3. Liberación de presos políticos: sin duda alguna, es el campo en el que pueden obtener mayores resultados prácticos por la necesidad del gobierno de Nicolás Maduro de demostrar flexibilidad y del grupo opositor de obtener éxitos concretos, aun cuando el costo político ha sido inmenso, pues han sido sostenidos los ataques en redes sociales y a través de los medios de comunicación por parte de quienes adversan dicha iniciativa.

4. Defensa de la Guyana Esequiba: un campo en el que existe poco margen de maniobra debido a las situaciones complicadas de carácter diplomático que rodean este tema y que hacen poco prudente llevar estas discusiones a los medios de comunicación, pues los ataques de quien ha sido más blando o entreguista pueden terminar favoreciendo grandemente a la República de Guyana.

5. Levantamiento de sanciones económicas: sin duda el campo menos prometedor de las iniciativas de la mesa de diálogo nacional, debido a la total negación de las autoridades estadounidenses a levantar las sanciones y la promesa pública y comunicacional de incrementarlas y llevarlas hasta el final de la caída del gobierno de Nicolás Maduro, por lo cual es evidente que solo este factor político condena al fracaso casi totalmente esta iniciativa.

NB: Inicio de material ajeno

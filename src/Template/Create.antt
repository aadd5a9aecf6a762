-- ===== src/Template/Create.antt =====
-- CreateWorkflowTemplate and CreateWorkflowTemplateVersion of pkg/workflow_template.go.
use onepanel.Base.{
  ℕ, zero, ℤ, pos, String, Bool, true, false, not, ◌&&◌, ◌==◌, ◌⊕◌, Option, none, some, List, [],
  ◌∷◌, ◌++◌, Map, map, any, insert, delete, Error, user_error, plain, foreign, panic, Result, ok,
  err, if◌then◌else◌, format_nat,
}
use onepanel.Base
use onepanel.Base.State
use onepanel.Base.State.{M, ◌>>=◌, ◌>>◌}
use onepanel.Params.{parse_parameters_from_manifest}
use onepanel.Workspace.Update.{message}
use onepanel.Template.Store.{
  Store, TemplateRow, ArgoCopy, Template, Env, attempt, transaction, create_copy, update_copy,
  delete_copy,
}
use onepanel.Template.Table.{insert_workflow_template, create_workflow_template_version_db}
use onepanel.Template.Argo.{create_argo_workflow_template, wrap_spec, set_uid}

-- WorkflowTemplates(namespace).Create: a name is taken once
unfoldable pub is_named : String → String → ArgoCopy → Bool
is_named namespace name c = c.namespace == namespace && c.name == name

unfoldable pub create_argo_copy : Env → ArgoCopy → M Store (Unit {0})
unfolding is_named
create_argo_copy env c s = elim (env.fails create_copy) [
  | some e ↦ (err e, s)
  | none ↦
      if any (is_named c.namespace c.name) s.copies
      then (err (plain "already exists"), s)
      else (ok tt, record s { copies = s.copies ++ c ∷ [] })
]

-- WorkflowTemplates(namespace).Update
unfoldable pub replace_copy : ArgoCopy → ArgoCopy → ArgoCopy
unfolding is_named
replace_copy new c = if is_named new.namespace new.name c then new else c

unfoldable pub update_argo_copy : Env → ArgoCopy → M Store (Unit {0})
update_argo_copy env c = do
  attempt env update_copy
  State.modify (λ s. record s { copies = map (replace_copy c) s.copies })

-- WorkflowTemplates(namespace).Delete
unfoldable pub drop_copy : String → String → Store → Store
unfolding is_named
drop_copy namespace name s = record s {
  copies = Base.keep (λ c. not (is_named namespace name c)) s.copies;
}

unfoldable pub delete_argo_copy : Env → String → String → M Store (Unit {0})
unfolding drop_copy is_named
delete_argo_copy env namespace name s = elim (env.fails (delete_copy name)) [
  | some e ↦ (err e, s)
  | none ↦
      if any (is_named namespace name) s.copies
      then (ok tt, drop_copy namespace name s)
      else (err (plain "not found"), s)
]

unfoldable pub add_label : String → String → ArgoCopy → ArgoCopy
unfolding insert
add_label key value c = record c { labels = insert key value c.labels }

-- the label of the workspace template that the workflow template belongs to
unfoldable pub label_resource : Template → ArgoCopy → ArgoCopy
unfolding add_label
label_resource t c = elim t.resource [
  | none ↦ c
  | some kind ↦ elim t.resource_uid [
    | none ↦ c
    | some uid ↦
        if kind == "workspace_template"
        then add_label "onepanel.io/workspace-template-version-uid" uid c
        else c
  ]
]

unfoldable pub template_row : String → Template → TemplateRow
template_row namespace t = record {
  id = 0;
  uid = t.uid;
  name = t.name;
  namespace = namespace;
  is_archived = false;
  is_system = t.is_system;
  labels = t.labels;
}

-- The block of createWorkflowTemplate inside the transaction: the rows and the copy in Argo.
unfoldable pub store_workflow_template : Env → String → Template → M Store (Template × ArgoCopy)
store_workflow_template env namespace t = do
  id ← insert_workflow_template env (template_row namespace t)
  parameters ← State.lift (elim (parse_parameters_from_manifest env.decode t.manifest) [
    | ok ps ↦ ok ps
    | err e ↦ err (user_error Base.invalid_argument (message e))
  ])
  version_id ← create_workflow_template_version_db env id t parameters
  (copy, named) ← State.lift (create_argo_workflow_template env namespace t (pos env.now))
  let labelled =
      label_resource named
        (add_label "onepanel.io/workflow-template-version-uid" (format_nat env.now) copy)
  create_argo_copy env labelled
  State.pure (
    record named { id = id; version_id = version_id; copy = some labelled; version = pos env.now },
    labelled,
  )

-- createWorkflowTemplate: if the commit fails, the copy is deleted
unfoldable pub create_workflow_template : Env → String → Template → M Store Template
create_workflow_template env namespace t = do
  named ← State.lift (
      Base.or_error (user_error Base.invalid_argument "Template name must be 30 characters or less")
        (set_uid t))
  (created, copy) ←
      transaction env (λ done. delete_argo_copy env namespace done.1.name)
        (store_workflow_template env namespace named)
  State.pure created

-- validateWorkflowTemplate
unfoldable pub validate_workflow_template : Env → String → Template → Result (Unit {0})
unfolding wrap_spec
validate_workflow_template env namespace t = elim (wrap_spec env t.manifest) [
  | err e ↦ err e
  | ok bytes ↦ Base.check (env.lint namespace bytes)
]

-- NewUserErrorWrap of pkg/util/error.go; a foreign error is one of the database
unfoldable pub wrap_error : String → Error → Error
wrap_error entity (user_error c m) = user_error c m
wrap_error entity (foreign code) =
    user_error (if code == "23505" then Base.already_exists else Base.unknown)
      (entity ⊕ " already exists.")
wrap_error entity (plain m) = user_error Base.unknown "Unknown error."
wrap_error entity panic = panic

unfoldable pub map_error : {A : Type 0} → (Error → Error) → Result A × Store → Result A × Store
map_error f (ok a, s) = (ok a, s)
map_error f (err e, s) = (err (f e), s)

unfoldable pub validated : Env → String → Template → Result (Unit {0})
unfolding validate_workflow_template message
validated env namespace t = elim (validate_workflow_template env namespace t) [
  | ok u ↦ ok u
  | err e ↦ err (user_error Base.invalid_argument (message e))
]

-- CreateWorkflowTemplate
unfoldable pub create : Env → String → Template → M Store Template
create env namespace t = do
  State.lift (validated env namespace t)
  λ s. map_error (wrap_error "Workflow template") (create_workflow_template env namespace t s)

6. Programa de intercambio humanitario de petróleo por medicinas y alimentos: es sin duda el elemento más beneficioso a corto plazo de esta iniciativa, dada la desesperante situación de casi todo el país debido a la crisis económica y social, que como el dólar o la hiperinflación no se detiene. Pero tiene el inconveniente de que los enemigos de Maduro no aceptarían ningún plan o mecanismo que beneficie al gobierno y es difícil imaginar que pudiesen entregar esta responsabilidad a organismos internacionales.

En conclusión, cada camino estratégico implica una serie de inmensos riesgos que conllevan una serie de situaciones terminales cuyas definiciones veremos sin duda en los próximos tiempos.